__What is being asked__: Provide again, from the entries below, every line from the one containing "(l : List Text) (d : D)" through the one containing "let first = map_err-eq-ok", exactly as written, and no other line.

__Collected data entries__:
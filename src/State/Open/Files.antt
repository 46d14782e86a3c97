-- ===== src/State/Open/Files.antt =====
-- What is known of the state database once it is open.
use osb_opengauss_go.Prelude.{
  ℕ, ◌/◌, ◌%◌, refl, ◌≡◌, sym, ap, true, List, [], ◌∷◌, Text, codes, text_eq, text_eq_refl,
  has_prefix,
}
use osb_opengauss_go.Result.{Result, ok, ok-injective, wrapped, map_err-eq-ok}
use osb_opengauss_go.Exec.{relabel, bind-eq-ok}
use osb_opengauss_go.Config.{Config}
use osb_opengauss_go.Encrypt.{Encryptor}
use osb_opengauss_go.Params.{Json}
use osb_opengauss_go.State.{Store}
use osb_opengauss_go.State.Open.{
  Dialector, sqlite, Tables, Host, state_schema, owner_only, state_dialector, create_tables,
  restrict_file, open_store,
}

pub pair-ok : {S E A : Type 0} (q : Result E A × S) {a : A} → q.0 ≡ ok a → q ≡ (ok a, q.1)
pair-ok (r, s) h = ap (λ x. (x, s)) h

module _ {D I B : Type 0} (host : Host D I B) where
  -- the statements were run, one after another, and none failed
  pub data Ran : List Text → D → D → Type 0 where
    none_left : {d : D} → Ran [] d d
    ran :
        {ddl : Text} {rest : List Text} {d d' d'' : D}
        → host.exec ddl d ≡ (ok tt, d')
        → Ran rest d' d''
        → Ran (ddl ∷ rest) d d''

  -- Both tables are created where they are missing, under the keys that the store looks up.
  pub record HasSchema (d d' : D) : Type 0 where
    pub instances_ddl : Text
    pub bindings_ddl : Text
    pub instances_key :
        has_prefix instances_ddl
          (codes "CREATE TABLE IF NOT EXISTS instance_records (\n\t\tinstance_id TEXT PRIMARY KEY,")
        ≡ true
    pub bindings_key :
        has_prefix bindings_ddl
          (codes "CREATE TABLE IF NOT EXISTS binding_records (\n\t\tbinding_id   TEXT PRIMARY KEY,")
        ≡ true
    pub create : Ran (instances_ddl ∷ bindings_ddl ∷ []) d d'

  -- What opening the database in a file has done: the permission bits of the file are read and write
  -- for its owner, and none for anyone else.
  pub record IsPrivate (cfg : Config) (d d' : D) : Type 0 where
    pub tables : Tables I B
    pub opened : D
    pub created : D
    pub open_file : host.gorm_open (sqlite cfg.state_path) d ≡ (ok tables, opened)
    pub schema : HasSchema opened created
    pub mode : ℕ
    pub of_owner : mode / 64 ≡ 6
    pub of_others : mode % 64 ≡ 0
    pub restrict : host.chmod cfg.state_path mode created ≡ (ok tt, d')

  create_tables-Ran :
      (l : List Text) (d : D)
      → (create_tables host l d).0 ≡ ok tt
      → Ran l d (create_tables host l d).1
  unfolding create_tables
  create_tables-Ran [] d h = none_left
  create_tables-Ran (ddl ∷ rest) d h =
      let (u, done, rest_done) =
        bind-eq-ok (relabel (λ e. wrapped (codes "cannot create state tables") e) (host.exec ddl)) _
          d h in
      let first = map_err-eq-ok _ (host.exec ddl d).0 done in
      rw first (
        ran (pair-ok (host.exec ddl d) first)
          (create_tables-Ran rest (host.exec ddl d).1 rest_done))

  module _ {F R : Type 0} (cfg : Config) (json : Json F) (encryptor : Encryptor R) (d : D) where
    -- what an OpenStore that succeeds returns: the opened tables, with the encryptor that it was given
    pub open_store-eq-ok :
        (store : Store F I B R)
        → (open_store host cfg json encryptor d).0 ≡ ok store
        → (dialector : Dialector) × (d1 : D) × (tables : Tables I B) × ((host.gorm_open dialector
              d1).0
            ≡ ok tables)
          × (record {
            instances = tables.instances;
            bindings = tables.bindings;
            set_credentials = tables.set_credentials;
            encryptor = encryptor;
            json = json;
          }
              ≡ store)
    unfolding open_store
    open_store-eq-ok store h =
        let (dialector, chosen, h1) = bind-eq-ok (state_dialector host cfg) _ d h in
        let d1 = (state_dialector host cfg d).1 in
        let (tables, gorm, h2) =
          bind-eq-ok
            (relabel (λ e. wrapped (codes "cannot open state database") e)
              (host.gorm_open dialector))
            _ d1 h1 in
        let opened = map_err-eq-ok _ (host.gorm_open dialector d1).0 gorm in
        let d2 = (host.gorm_open dialector d1).1 in
        let (u, made, h3) = bind-eq-ok (create_tables host state_schema) _ d2 h2 in
        let (u', closed, h4) =
          bind-eq-ok (restrict_file host cfg) _ (create_tables host state_schema d2).1 h3 in
        (dialector, d1, tables, opened, ok-injective h4)

    pub open_store-encryptor :
        (store : Store F I B R)
        → (open_store host cfg json encryptor d).0 ≡ ok store
        → store.encryptor ≡ encryptor
    open_store-encryptor store h =
        let (dialector, d1, tables, opened, same) = open_store-eq-ok store h in
        sym (ap (λ (q : Store F I B R). q.encryptor) same)

    pub created_schema :
        (d1 : D)
        → (create_tables host state_schema d1).0 ≡ ok tt
        → HasSchema d1 (create_tables host state_schema d1).1
    unfolding has_prefix
    created_schema d1 made = record {
      instances_ddl = _;
      bindings_ddl = _;
      instances_key = refl;
      bindings_key = refl;
      create = create_tables-Ran state_schema d1 made;
    }

    pub open_store-IsPrivate :
        (store : Store F I B R)
        → cfg.state_dsn ≡ []
        → (open_store host cfg json encryptor d).0 ≡ ok store
        → IsPrivate cfg d (open_store host cfg json encryptor d).1
    unfolding open_store state_dialector restrict_file
    open_store-IsPrivate store empty h =
        let in_file : text_eq cfg.state_dsn [] ≡ true = rw empty (text_eq_refl []) in
        let (tables, gorm, h1) =
          bind-eq-ok
            (relabel (λ e. wrapped (codes "cannot open state database") e)
              (host.gorm_open (sqlite cfg.state_path)))
            _ d (rw in_file at h) in
        let opened = map_err-eq-ok _ (host.gorm_open (sqlite cfg.state_path) d).0 gorm in
        let d1 = (host.gorm_open (sqlite cfg.state_path) d).1 in
        let (u, made, h2) = bind-eq-ok (create_tables host state_schema) _ d1 h1 in
        let d2 = (create_tables host state_schema d1).1 in
        let (u', closed, h3) =
          bind-eq-ok
            (relabel (λ e. wrapped (codes "cannot restrict state file permissions") e)
              (host.chmod cfg.state_path owner_only))
            _ d2 h2 in
        let restricted = map_err-eq-ok _ (host.chmod cfg.state_path owner_only d2).0 closed in
        rw (in_file, opened, made, restricted)
          (record {
            tables = tables;
            opened = d1;
            created = d2;
            open_file = pair-ok (host.gorm_open (sqlite cfg.state_path) d) opened;
            schema = created_schema d1 made;
            mode = owner_only;
            of_owner = refl;
            of_others = refl;
            restrict = pair-ok (host.chmod cfg.state_path owner_only d2) restricted;
          })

__Result for this exercise__:
      (l : List Text) (d : D)
      → (create_tables host l d).0 ≡ ok tt
      → Ran l d (create_tables host l d).1
  unfolding create_tables
  create_tables-Ran [] d h = none_left
  create_tables-Ran (ddl ∷ rest) d h =
      let (u, done, rest_done) =
        bind-eq-ok (relabel (λ e. wrapped (codes "cannot create state tables") e) (host.exec ddl)) _
          d h in
      let first = map_err-eq-ok _ (host.exec ddl d).0 done in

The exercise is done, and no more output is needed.